Stored dataset items:
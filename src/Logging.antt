-- ===== src/Logging.antt =====
-- muduo/base/Logging.cc and Logging.h: a line of the log, from the test of its level to the output
-- function. Logging/Source.antt has the names of source files.
pub mod Source
pub mod BaseName
pub mod Stamp
pub mod Pieces
pub mod Line
mod Tests
use telnet_serv.Prelude.{
  ℕ, ◌+◌, ◌-◌, ◌*◌, ◌/◌, ◌%◌, ◌≡◌, ◌≤◌, ◌<◌, Bool, true, false, not, ◌&&◌, Option, none, some, List,
  [], ◌∷◌, ◌++◌, ltb, leb, ◌==◌, if◌then◌else◌, length, take, drop,
}
use telnet_serv.Text.{c_str}
use telnet_serv.Terminal.{codes}
use telnet_serv.Printf.{Tm, padded}
use telnet_serv.LogFile.{◌>>=◌}
use telnet_serv.Logging.Source.{SourceFile}

-- enum LogLevel
pub data LogLevel : Type 0 where
  trace debug info warn error fatal : LogLevel

abbrev pub level_number : LogLevel → ℕ
level_number trace = 0
level_number debug = 1
level_number info = 2
level_number warn = 3
level_number error = 4
level_number fatal = 5

-- LogLevelName
abbrev pub log_level_name : LogLevel → List ℕ
log_level_name trace = codes "TRACE "
log_level_name debug = codes "DEBUG "
log_level_name info = codes "INFO  "
log_level_name warn = codes "WARN  "
log_level_name error = codes "ERROR "
log_level_name fatal = codes "FATAL "

-- initLogLevel(), by whether MUDUO_LOG_TRACE and MUDUO_LOG_DEBUG are set.
unfoldable pub init_log_level : Bool → Bool → LogLevel
init_log_level true debugging = trace
init_log_level false true = debug
init_log_level false false = info

-- What Logging calls of LogStream: its `operator<<` of texts and of ints, and its buffer.
pub record LogStream : Type 1 where
  pub Stream : Type 0
  pub empty : Stream
  pub put : List ℕ → Stream → Stream
  pub put_int : ℕ → Stream → Stream
  pub buffer : Stream → List ℕ

-- What the program does outside by logging.
pub data LogEvent : Type 0 where
  output : List ℕ → LogEvent
  flushed aborted : LogEvent

-- g_logLevel, g_output and g_flush, of which an empty function is `false`, g_logTimeZone's valid(),
-- and t_time and t_lastSecond of the thread.
pub record Globals : Type 0 where
  pub log_level : LogLevel
  pub has_output : Bool
  pub has_flush : Bool
  pub zone_valid : Bool
  pub t_time : List ℕ
  pub t_last_second : ℕ

-- setLogLevel, setAsynOutput and setAsynFlush
unfoldable pub set_log_level : LogLevel → Globals → Globals
set_log_level level g = record g { log_level = level }

unfoldable pub set_asyn_output : Bool → Globals → Globals
set_asyn_output out g = record g { has_output = out }

unfoldable pub set_asyn_flush : Bool → Globals → Globals
set_asyn_flush flush g = record g { has_flush = flush }

-- setTimeZone, by whether the zone is valid.
unfoldable pub set_time_zone : Bool → Globals → Globals
set_time_zone valid g = record g { zone_valid = valid }

-- "%4d%02d%02d %02d:%02d:%02d"
unfoldable pub second_text : Tm → List ℕ
second_text tm =
    padded 4 b' ' (tm.tm_year + 1900)
    ++ (padded 2 b'0' (tm.tm_mon + 1)
        ++ (padded 2 b'0' tm.tm_mday
            ++ (b' ' ∷ padded 2 b'0' tm.tm_hour
                ++ (b':' ∷ padded 2 b'0' tm.tm_min ++ (b':' ∷ padded 2 b'0' tm.tm_sec)))))

-- snprintf(t_time, 32, ...)
unfoldable pub print_second : List ℕ → List ℕ → List ℕ
print_second text old = take 31 text ++ (0 ∷ drop (length (take 31 text) + 1) old)

-- ".%06d " or ".%06dZ "
unfoldable pub micro_text : Bool → ℕ → List ℕ
micro_text valid us = b'.' ∷ padded 6 b'0' us ++ (if valid then b' ' ∷ [] else b'Z' ∷ b' ' ∷ [])

-- The length that formatTime's assert on `us` wants.
abbrev pub micro_length : Bool → ℕ
micro_length true = 8
micro_length false = 9

-- The LOG_ macros.
pub data Macro : Type 0 where
  log_trace log_debug log_info log_warn log_error log_fatal log_syserr log_sysfatal : Macro

-- The `if` of a macro.
unfoldable pub is_logged : LogLevel → Macro → Bool
is_logged level log_trace = leb (level_number level) (level_number trace)
is_logged level log_debug = leb (level_number level) (level_number debug)
is_logged level log_info = leb (level_number level) (level_number info)
is_logged level log_warn = leb (level_number level) (level_number warn)
is_logged level log_error = leb (level_number level) (level_number error)
is_logged level log_fatal = leb (level_number level) (level_number fatal)
is_logged level log_syserr = true
is_logged level log_sysfatal = true

abbrev pub macro_level : Macro → LogLevel
macro_level log_trace = trace
macro_level log_debug = debug
macro_level log_info = info
macro_level log_warn = warn
macro_level log_error = error
macro_level log_fatal = fatal
macro_level log_syserr = error
macro_level log_sysfatal = fatal

-- The macros of system errors pass on errno; the others pass 0.
abbrev pub saved_errno : Macro → ℕ → ℕ
saved_errno log_syserr errno = errno
saved_errno log_sysfatal errno = errno
saved_errno _ errno = 0

-- TimeZone::toLocalTime and gmtime_r, the text of the thread's id, and strerror_r are parameters.
module _ (l : LogStream) (to_local_time gmtime : ℕ → Tm) (tid_string : List ℕ)
    (strerror : ℕ → List ℕ) where
  open l use {Stream, empty, put, put_int, buffer}

  -- `stream_ << T(str, len)`, with the assert of T's constructor.
  unfoldable pub put_t : List ℕ → ℕ → Stream → Option Stream
  put_t str len s = if length (c_str str) == len then some (put (take len str) s) else none

  -- The cache of formatTime, with its assert.
  unfoldable pub update_time : ℕ → Globals → Option Globals
  update_time seconds g =
      if seconds == g.t_last_second
      then some g
      else (let text =
            second_text (if g.zone_valid then to_local_time seconds else gmtime seconds) in
          if length text == 17
          then some (record g { t_time = print_second text g.t_time; t_last_second = seconds })
          else none)

  -- void Impl::formatTime(); `none` is a failed assert.
  unfoldable pub format_time : ℕ → Globals → Stream → Option (Globals × Stream)
  format_time micro_seconds g s = do
    g' ← update_time (micro_seconds / 1_000_000) g
    let us = micro_text g'.zone_valid (micro_seconds % 1_000_000)
    s1 ← put_t g'.t_time 17 s
    s2 ←
        (if length us == micro_length g'.zone_valid
          then put_t us (micro_length g'.zone_valid) s1
          else none)
    some (g', s2)

  abbrev pub put_errno : ℕ → Stream → Stream
  put_errno errno s =
      if not (errno == 0)
      then put (codes ") ") (put_int errno (put (codes " (errno=") (put (strerror errno) s)))
      else s

  -- Impl::Impl(level, savedErrno, file, line)
  unfoldable pub new_impl : LogLevel → ℕ → ℕ → Globals → Option (Globals × Stream)
  new_impl level errno micro_seconds g = do
    (g', s1) ← format_time micro_seconds g empty
    s2 ← put_t tid_string (length tid_string) s1
    s3 ← put_t (log_level_name level) 6 s2
    some (g', put_errno errno s3)

  -- void Impl::finish()
  unfoldable pub finish : SourceFile → ℕ → Stream → Stream
  finish file line s =
      put (b'\n' ∷ [])
        (put_int line (put (b':' ∷ []) (put (take file.size file.chars) (put (codes " - ") s))))

  -- Logger::~Logger()
  unfoldable pub destroy : LogLevel → SourceFile → ℕ → Globals → Stream → List LogEvent
  destroy level file line g s =
      (if g.has_output then output (buffer (finish file line s)) ∷ [] else [])
      ++ (if level_number level == 5
          then (if g.has_flush then flushed ∷ aborted ∷ [] else aborted ∷ [])
          else [])

  -- `stream_ << func << ' '`, which LOG_TRACE and LOG_DEBUG have.
  abbrev pub put_func : Macro → List ℕ → Stream → Stream
  put_func log_trace func s = put (b' ' ∷ []) (put func s)
  put_func log_debug func s = put (b' ' ∷ []) (put func s)
  put_func _ func s = s

  -- The texts of a statement.
  unfoldable pub put_all : List (List ℕ) → Stream → Stream
  put_all [] s = s
  put_all (text ∷ texts) s = put_all texts (put text s)

  -- A statement such as `LOG_INFO << "a" << "b";` at a time, with errno: what it does, and the
  -- globals afterwards.
  unfoldable pub log_statement :
      Macro
      → SourceFile
      → ℕ
      → List ℕ
      → ℕ
      → ℕ
      → List (List ℕ)
      → Globals
      → Option (Globals × List LogEvent)
  log_statement macro file line func errno micro_seconds texts g =
      if not (is_logged g.log_level macro) then some (g, []) else do
        (g', s) ← new_impl (macro_level macro) (saved_errno macro errno) micro_seconds g
        some (g', destroy (macro_level macro) file line g' (put_all texts (put_func macro func s)))

  -- T* CheckNotNull(file, line, names, ptr)
  unfoldable pub check_not_null :
      Option ℕ → SourceFile → ℕ → List ℕ → ℕ → Globals → Option (Globals × List LogEvent)
  check_not_null (some ptr) file line names micro_seconds g = some (g, [])
  check_not_null none file line names micro_seconds g = do
    (g', s) ← new_impl fatal 0 micro_seconds g
    some (g', destroy fatal file line g' (put names s))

• _DIRECTIONS_:
Out of the records above, pull each line containing the word "codes".

• _SOLUTION BELOW_:
use telnet_serv.Terminal.{codes}
log_level_name trace = codes "TRACE "
log_level_name debug = codes "DEBUG "
log_level_name info = codes "INFO  "
log_level_name warn = codes "WARN  "
log_level_name error = codes "ERROR "
log_level_name fatal = codes "FATAL "
      then put (codes ") ") (put_int errno (put (codes " (errno=") (put (strerror errno) s)))
        (put_int line (put (b':' ∷ []) (put (take file.size file.chars) (put (codes " - ") s))))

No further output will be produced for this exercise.